**** DATA SECTION
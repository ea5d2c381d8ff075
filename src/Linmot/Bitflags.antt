-- ===== src/Linmot/Bitflags.antt =====
-- The third-party crate bitflags, whose macro declares the flag types of linmot/src/mci.rs and
-- linmot/src/udp.rs. A value of a flag type is modelled by its bits, and what the crate's operations
-- do to each bit is what its documentation says.
use puddle.Base.{ℕ, ◌/◌, ◌%◌, ◌^◌, ◌≡◌, Bool, not, ◌&&◌, ◌||◌, ◌==◌}

abbrev pub test_bit : ℕ → ℕ → Bool
test_bit n i = n / 2 ^ i % 2 == 1

-- A flag type of the source has the flags `1 << i` for `i` below a number of its own, `flags`, and
-- `all()` is `2 ^ flags - 1`.
pub record Bitflags : Type 0 where
  pub from_bits_truncate : ℕ → ℕ → ℕ
  pub contains : ℕ → ℕ → Bool
  pub insert : ℕ → ℕ → ℕ
  pub remove : ℕ → ℕ → ℕ
  pub truncate_lem : (flags bits : ℕ) → from_bits_truncate flags bits ≡ bits % 2 ^ flags
  pub contains_lem : (bits i : ℕ) → contains bits (2 ^ i) ≡ test_bit bits i
  pub insert_lem :
      (bits i j : ℕ) → test_bit (insert bits (2 ^ i)) j ≡ (test_bit bits j || test_bit (2 ^ i) j)
  pub remove_lem :
      (bits i j : ℕ)
      → test_bit (remove bits (2 ^ i)) j ≡ (test_bit bits j && not (test_bit (2 ^ i) j))
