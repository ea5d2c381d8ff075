-- ===== src/Linmot/Mci/Decode.antt =====
-- linmot/src/mci.rs: the error codes and the state word of the drive.
use puddle.Base.{ℕ, ◌/◌, ◌%◌, Bool, ◌==◌, if◌then◌else◌}
use puddle.Linmot.Bitflags.{test_bit}

pub data ErrorCode : Type 0 where
  no_error logic_supply_too_low logic_supply_too_high : ErrorCode
  motor_supply_too_low motor_supply_too_high : ErrorCode
  min_position_undershot max_position_overshot position_lag_always_too_big : ErrorCode
  motor_hot_sensor motor_slider_missing motor_short_time_overload : ErrorCode
  motor_communication_lost not_homed unknown_motion_command : ErrorCode
  pvt_buffer_overflow pvt_buffer_underflow : ErrorCode
  pvt_controller_too_fast pvt_controller_too_slow motion_command_in_wrong_state : ErrorCode
  less_calc_time_c0 less_calc_time_c1 less_calc_time_c2 less_calc_time_c3 : ErrorCode
  unknown : ℕ → ErrorCode

-- `From<u16>`; `From<u8>` goes through it.
unfoldable pub error_code_from : ℕ → ErrorCode
error_code_from e =
    if e == 0x00
    then no_error
    else if e == 0x01
    then logic_supply_too_low
    else if e == 0x02
    then logic_supply_too_high
    else if e == 0x03
    then motor_supply_too_low
    else if e == 0x04
    then motor_supply_too_high
    else if e == 0x07
    then min_position_undershot
    else if e == 0x08
    then max_position_overshot
    else if e == 0x0B
    then position_lag_always_too_big
    else if e == 0x20
    then motor_hot_sensor
    else if e == 0x22
    then motor_slider_missing
    else if e == 0x23
    then motor_short_time_overload
    else if e == 0x45
    then motor_communication_lost
    else if e == 0x80
    then not_homed
    else if e == 0x81
    then unknown_motion_command
    else if e == 0x82
    then pvt_buffer_overflow
    else if e == 0x83
    then pvt_buffer_underflow
    else if e == 0x84
    then pvt_controller_too_fast
    else if e == 0x85
    then pvt_controller_too_slow
    else if e == 0x86
    then motion_command_in_wrong_state
    else if e == 0x90
    then less_calc_time_c0
    else if e == 0x91
    then less_calc_time_c1
    else if e == 0x92
    then less_calc_time_c2
    else if e == 0x93
    then less_calc_time_c3
    else unknown e

pub data State : Type 0 where
  not_ready_to_switch_on switch_on_disabled ready_to_switch_on : State
  setup_error error : ErrorCode → State
  hardware_tests ready_to_operate : State
  -- motion_command_count, event_handler, motion_active, in_target_position, homed
  operation_enabled : ℕ → Bool → Bool → Bool → Bool → State
  homing clearance_check going_to_initial_position : Bool → State
  aborting freezing quick_stop : State
  going_to_position jogging_positive jogging_negative : Bool → State
  linearizing phase_search special_mode brake_delay : State
  -- main_state, sub_state
  unknown : ℕ → ℕ → State

-- `val & 0xFF` and `val >> 8` of a u16.
unfoldable pub state_from : ℕ → State
state_from val =
    let sub_state = val % 256 in
    let main_state = val / 256 in
    if main_state == 0
    then not_ready_to_switch_on
    else if main_state == 1
    then switch_on_disabled
    else if main_state == 2
    then ready_to_switch_on
    else if main_state == 3
    then setup_error (error_code_from sub_state)
    else if main_state == 4
    then error (error_code_from sub_state)
    else if main_state == 5
    then hardware_tests
    else if main_state == 6
    then ready_to_operate
    else if main_state == 8
    then operation_enabled (sub_state % 16) (test_bit sub_state 4) (test_bit sub_state 5)
        (test_bit sub_state 6) (test_bit sub_state 7)
    else if main_state == 9
    then homing (sub_state == 0xF)
    else if main_state == 10
    then clearance_check (sub_state == 0xF)
    else if main_state == 11
    then going_to_initial_position (sub_state == 0xF)
    else if main_state == 12
    then aborting
    else if main_state == 13
    then freezing
    else if main_state == 14
    then quick_stop
    else if main_state == 15
    then going_to_position (sub_state == 0xF)
    else if main_state == 16
    then jogging_positive (sub_state == 0xF)
    else if main_state == 17
    then jogging_negative (sub_state == 0xF)
    else if main_state == 18
    then linearizing
    else if main_state == 19
    then phase_search
    else if main_state == 20
    then special_mode
    else if main_state == 21
    then brake_delay
    else State.unknown main_state sub_state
********
The complete material must be repeated exactly.

repository ea5d2c381d8ff075
filename src/Linmot/Bitflags.antt
-- ===== src/Linmot/Bitflags.antt =====
-- The third-party crate bitflags, whose macro declares the flag types of linmot/src/mci.rs and
-- linmot/src/udp.rs. A value of a flag type is modelled by its bits, and what the crate's operations
-- do to each bit is what its documentation says.
use puddle.Base.{ℕ, ◌/◌, ◌%◌, ◌^◌, ◌≡◌, Bool, not, ◌&&◌, ◌||◌, ◌==◌}

abbrev pub test_bit : ℕ → ℕ → Bool
test_bit n i = n / 2 ^ i % 2 == 1

-- A flag type of the source has the flags `1 << i` for `i` below a number of its own, `flags`, and
-- `all()` is `2 ^ flags - 1`.
pub record Bitflags : Type 0 where
  pub from_bits_truncate : ℕ → ℕ → ℕ
  pub contains : ℕ → ℕ → Bool
  pub insert : ℕ → ℕ → ℕ
  pub remove : ℕ → ℕ → ℕ
  pub truncate_lem : (flags bits : ℕ) → from_bits_truncate flags bits ≡ bits % 2 ^ flags
  pub contains_lem : (bits i : ℕ) → contains bits (2 ^ i) ≡ test_bit bits i
  pub insert_lem :
      (bits i j : ℕ) → test_bit (insert bits (2 ^ i)) j ≡ (test_bit bits j || test_bit (2 ^ i) j)
  pub remove_lem :
      (bits i j : ℕ)
      → test_bit (remove bits (2 ^ i)) j ≡ (test_bit bits j && not (test_bit (2 ^ i) j))
repository ea5d2c381d8ff075
-- ===== src/Linmot/Mci/Decode.antt =====
-- linmot/src/mci.rs: the error codes and the state word of the drive.
use puddle.Base.{ℕ, ◌/◌, ◌%◌, Bool, ◌==◌, if◌then◌else◌}
use puddle.Linmot.Bitflags.{test_bit}

pub data ErrorCode : Type 0 where
  no_error logic_supply_too_low logic_supply_too_high : ErrorCode
  motor_supply_too_low motor_supply_too_high : ErrorCode
  min_position_undershot max_position_overshot position_lag_always_too_big : ErrorCode
  motor_hot_sensor motor_slider_missing motor_short_time_overload : ErrorCode
  motor_communication_lost not_homed unknown_motion_command : ErrorCode
  pvt_buffer_overflow pvt_buffer_underflow : ErrorCode
  pvt_controller_too_fast pvt_controller_too_slow motion_command_in_wrong_state : ErrorCode
  less_calc_time_c0 less_calc_time_c1 less_calc_time_c2 less_calc_time_c3 : ErrorCode
  unknown : ℕ → ErrorCode

-- `From<u16>`; `From<u8>` goes through it.
unfoldable pub error_code_from : ℕ → ErrorCode
error_code_from e =
    if e == 0x00
    then no_error
    else if e == 0x01
    then logic_supply_too_low
    else if e == 0x02
    then logic_supply_too_high
    else if e == 0x03
    then motor_supply_too_low
    else if e == 0x04
    then motor_supply_too_high
    else if e == 0x07
    then min_position_undershot
    else if e == 0x08
    then max_position_overshot
    else if e == 0x0B
    then position_lag_always_too_big
    else if e == 0x20
    then motor_hot_sensor
    else if e == 0x22
    then motor_slider_missing
    else if e == 0x23
    then motor_short_time_overload
    else if e == 0x45
    then motor_communication_lost
    else if e == 0x80
    then not_homed
    else if e == 0x81
    then unknown_motion_command
    else if e == 0x82
    then pvt_buffer_overflow
    else if e == 0x83
    then pvt_buffer_underflow
    else if e == 0x84
    then pvt_controller_too_fast
    else if e == 0x85
    then pvt_controller_too_slow
    else if e == 0x86
    then motion_command_in_wrong_state
    else if e == 0x90
    then less_calc_time_c0
    else if e == 0x91
    then less_calc_time_c1
    else if e == 0x92
    then less_calc_time_c2
    else if e == 0x93
    then less_calc_time_c3
    else unknown e

pub data State : Type 0 where
  not_ready_to_switch_on switch_on_disabled ready_to_switch_on : State
  setup_error error : ErrorCode → State
  hardware_tests ready_to_operate : State
  -- motion_command_count, event_handler, motion_active, in_target_position, homed
  operation_enabled : ℕ → Bool → Bool → Bool → Bool → State
  homing clearance_check going_to_initial_position : Bool → State
  aborting freezing quick_stop : State
  going_to_position jogging_positive jogging_negative : Bool → State
  linearizing phase_search special_mode brake_delay : State
  -- main_state, sub_state
  unknown : ℕ → ℕ → State

-- `val & 0xFF` and `val >> 8` of a u16.
unfoldable pub state_from : ℕ → State
state_from val =
    let sub_state = val % 256 in
    let main_state = val / 256 in
    if main_state == 0
    then not_ready_to_switch_on
    else if main_state == 1
    then switch_on_disabled
    else if main_state == 2
    then ready_to_switch_on
    else if main_state == 3
    then setup_error (error_code_from sub_state)
    else if main_state == 4
    then error (error_code_from sub_state)
    else if main_state == 5
    then hardware_tests
    else if main_state == 6
    then ready_to_operate
    else if main_state == 8
    then operation_enabled (sub_state % 16) (test_bit sub_state 4) (test_bit sub_state 5)
        (test_bit sub_state 6) (test_bit sub_state 7)
    else if main_state == 9
    then homing (sub_state == 0xF)
    else if main_state == 10
    then clearance_check (sub_state == 0xF)
    else if main_state == 11
    then going_to_initial_position (sub_state == 0xF)
    else if main_state == 12
    then aborting
    else if main_state == 13
    then freezing
    else if main_state == 14
    then quick_stop
    else if main_state == 15
    then going_to_position (sub_state == 0xF)
    else if main_state == 16
    then jogging_positive (sub_state == 0xF)
    else if main_state == 17
    then jogging_negative (sub_state == 0xF)
    else if main_state == 18
    then linearizing
    else if main_state == 19
    then phase_search
    else if main_state == 20
    then special_mode
    else if main_state == 21
    then brake_delay
    else State.unknown main_state sub_state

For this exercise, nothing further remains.